RAG vs LLM Wiki¶
Summary¶
A comparison between Retrieval-Augmented Generation (RAG) and the LLM Wiki pattern, highlighting the fundamental architectural difference: stateless retrieval versus stateful, compounding knowledge.
Core Difference¶
RAG retrieves from raw documents at query time. The LLM finds relevant chunks, synthesizes an answer, and forgets. Nothing is learned from one query to the next. Every query starts from zero.
LLM Wiki pre-compiles knowledge into structured, interlinked pages at ingest time. The LLM reads sources once, synthesizes them into wiki pages, and queries run against this compiled artifact. Knowledge accumulates and cross-references grow denser over time.
Comparison Table¶
| Dimension | RAG (Semantic Search) | LLM Wiki |
|---|---|---|
| Discovery | Similarity search over vectors | Reads indexes, follows links |
| Understanding | Chunk similarity | Deep relationships via links |
| Knowledge persistence | None — stateless | Full — builds over time |
| Synthesis timing | Per query, from scratch | Pre-compiled at ingest |
| Multi-document answers | Retrieved chunks pieced together at query time | Pre-synthesized encyclopedia entries |
| Contradiction detection | No | Yes — flagged during compilation |
| Source traceability | High (chunk-level) | Moderate (page-level) |
| Infrastructure | Embedding model, vector DB, chunking pipeline | Just markdown files |
| Cost | Ongoing compute and storage | Basically free (tokens only) |
| Maintenance | Re-embed when things change | Lint, clean up, add articles |
| Setup complexity | Low | Low–Medium |
| Query speed | Consistent (retrieval cost each time) | Improves over time (pre-organized material) |
| Ingest cost | Low (chunk and embed) | High (routing + synthesis per page) |
| Long-term quality | Stays the same | Improves with each source |
| Scale limit | Millions of documents | Hundreds of pages (with good indexes) |
| Best for | Quick Q&A on documents, rapidly changing data, enterprise scale | Deep, growing research topics over weeks/months, personal scale |
One user reported turning 383 scattered files and 100+ meeting transcripts into a wiki, dropping token usage by 95% when querying with Claude.
When to Use Each¶
Use RAG when: - Data changes daily or frequently - Exact source traceability matters for every claim - You need quick answers without schema design - Bulk document ingestion is the priority
Use LLM Wiki when: - Building expertise on a topic over weeks or months - You want the model to reason across your knowledge base - You value synthesis and connection-making over retrieval - You want knowledge to compound, not evaporate between sessions
The Tradeoff¶
RAG sidesteps maintenance overhead by doing all synthesis at query time.
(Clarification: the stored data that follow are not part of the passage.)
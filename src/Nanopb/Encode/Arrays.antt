-- ===== src/Nanopb/Encode/Arrays.antt =====
-- Packed and unpacked arrays (`encode_array` of pb_encode.c).
use social_timeline.Common.{ℕ, zero, suc, ◌+◌, ◌*◌, ◌^◌, ◌<◌, ◌≡◌, refl, arith, ◌∙◌, ap}
use social_timeline.Common.{
  true, none, some, List, [], inl, inr, length, length-append, ◌==◌, Bool-cases,
}
use social_timeline.Nanopb.Outcome.{ok, bind, ◌>>◌, ◌>>=◌}
use social_timeline.Nanopb.Ostream.{Ostream, Buffer, sizing_stream, advance}
use social_timeline.Nanopb.Ostream.Bounds.{pb_write_sizing}
use social_timeline.Nanopb.Varint.{pb_encode_varint}
use social_timeline.Nanopb.Varint.Bytes.{varint}
use social_timeline.Nanopb.Wire.Encode.{Encodes, Encodes-then, pb_encode_varint-Encodes}
use social_timeline.Nanopb.Field.{Field, ltype, ltype_fixed32, ltype_fixed64}
use social_timeline.Nanopb.Encode.Scalars.{Encoder}
use social_timeline.Nanopb.Encode.Nested.{is_sizing}
use social_timeline.Nanopb.Encode.Fields.{for_entries, sized, packed_size, write_packed}
use social_timeline.Nanopb.Encode.Spec.{Bytes, both, string, prefixed, entries}
use social_timeline.Nanopb.Encode.Submessage.{Encodes-small, Encodes-cong}
use social_timeline.Nanopb.Encode.Values.{Refines, encoded, refused}

write_packed-Encodes :
    (func : Encoder Buffer) (field : Field) (count p : ℕ) (body : List ℕ)
    → Encodes (for_entries (func field) field.data_size count p) body
    → Encodes (write_packed func field count p (length body)) body
unfolding write_packed
write_packed-Encodes func field count p body (emits, sizes) = (
  λ done hole rest max n h room small. emits done hole rest max n h room small,
  λ s no_callback bounded small.
      let sizing : is_sizing s.callback ≡ true = ap is_sizing no_callback in
      rw sizing (pb_write_sizing [] (length body) s no_callback),
)

-- The sizing pass, or the product for values of a fixed width, gives the number of bytes.
packed_size_lem :
    (func : Encoder Buffer) (field : Field) (count p : ℕ) (body : List ℕ)
    → Encodes (for_entries (func field) field.data_size count p) body
    → (ltype field.type ≡ ltype_fixed32 → length body ≡ 4 * count)
    → (ltype field.type ≡ ltype_fixed64 → length body ≡ 8 * count)
    → length body < 2 ^ 64
    → (s : Ostream Buffer) → packed_size func field count p s ≡ ok (length body) s
unfolding packed_size sized sizing_stream advance
packed_size_lem func field count p body (emits, sizes) four eight small s =
    elim (Bool-cases (ltype field.type == ltype_fixed32)) [
      | inl is32 ↦
          let total = four (ground arith) in rw is32 (ap (λ (k : ℕ). ok k s) (omega (arith, total)))
      | inr not32 ↦ elim (Bool-cases (ltype field.type == ltype_fixed64)) [
        | inl is64 ↦
            let total = eight (ground arith) in
            rw (not32, is64) (ap (λ (k : ℕ). ok k s) (omega (arith, total)))
        | inr not64 ↦
            rw (not32, not64)
              (ap (sized s) (sizes (sizing_stream s.state) refl (omega arith) small)
                ∙ ap (λ (k : ℕ). ok k s) (omega arith))
      ]
    ]

-- The packed entries, behind their length.
pub packed-Encodes :
    (func : Encoder Buffer) (field : Field) (count p : ℕ) (body : List ℕ)
    → Encodes (for_entries (func field) field.data_size count p) body
    → (ltype field.type ≡ ltype_fixed32 → length body ≡ 4 * count)
    → (ltype field.type ≡ ltype_fixed64 → length body ≡ 8 * count)
    → Encodes
        (packed_size func field count p >>= λ size.
          pb_encode_varint size >> write_packed func field count p size)
        (string body)
packed-Encodes func field count p body loop four eight =
    let total = length-append (varint 9 (length body)) body in
    Encodes-small _ (string body) λ all_small.
      let small : length body < 2 ^ 64 = omega (arith, total) in
      Encodes-cong _
        (pb_encode_varint (length body) >> write_packed func field count p (length body))
        (string body)
        (λ s.
          ap (λ o. bind o λ size. pb_encode_varint size >> write_packed func field count p size)
            (packed_size_lem func field count p body loop four eight small s))
        (Encodes-then (pb_encode_varint (length body))
          (write_packed func field count p (length body)) _ body
          (pb_encode_varint-Encodes (length body) small)
          (write_packed-Encodes func field count p body loop))

-- Entries of one width.
abbrev pub HasWidth : ℕ → ℕ → Bytes → Type 0
HasWidth width count none = Unit {0}
HasWidth width count (some bytes) = length bytes ≡ width * count

both-HasWidth :
    (w n : ℕ) (a b : Bytes) → HasWidth w 1 a → HasWidth w n b → HasWidth w (suc n) (both a b)
both-HasWidth w n none b p q = tt
both-HasWidth w n (some a) none p q = tt
both-HasWidth w n (some a) (some b) p q = omega (arith, length-append a b)

pub entries-HasWidth :
    (width data_size count p : ℕ) (meant : ℕ → Bytes)
    → ((p : ℕ) → HasWidth width 1 (meant p))
    → HasWidth width count (entries meant data_size count p)
unfolding entries
entries-HasWidth width data_size zero p meant each = omega arith
entries-HasWidth width data_size (suc count) p meant each =
    both-HasWidth width count (meant p) _ (each p)
      (entries-HasWidth width data_size count (p + data_size) meant each)

-- What is behind the tag of a packed array.
pub packed-Refines :
    (func : Encoder Buffer) (field : Field) (count p : ℕ) (meant : Bytes)
    → Refines (for_entries (func field) field.data_size count p) meant
    → (ltype field.type ≡ ltype_fixed32 → HasWidth 4 count meant)
    → (ltype field.type ≡ ltype_fixed64 → HasWidth 8 count meant)
    → Refines
        (packed_size func field count p >>= λ size.
          pb_encode_varint size >> write_packed func field count p size)
        (prefixed meant)
packed-Refines func field count p _ refused four eight = refused
packed-Refines func field count p _ (encoded body loop) four eight =
    encoded (string body) (packed-Encodes func field count p body loop four eight)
It's cheaper to build but never gets smarter. The same query on day one and day one thousand produces the same quality answer.
LLM Wiki inverts this: ingest is expensive, schema design takes thought, maintenance requires periodic linting. But a well-maintained wiki becomes qualitatively different over time — dense with cross-references, drawing on synthesized knowledge from dozens of sources.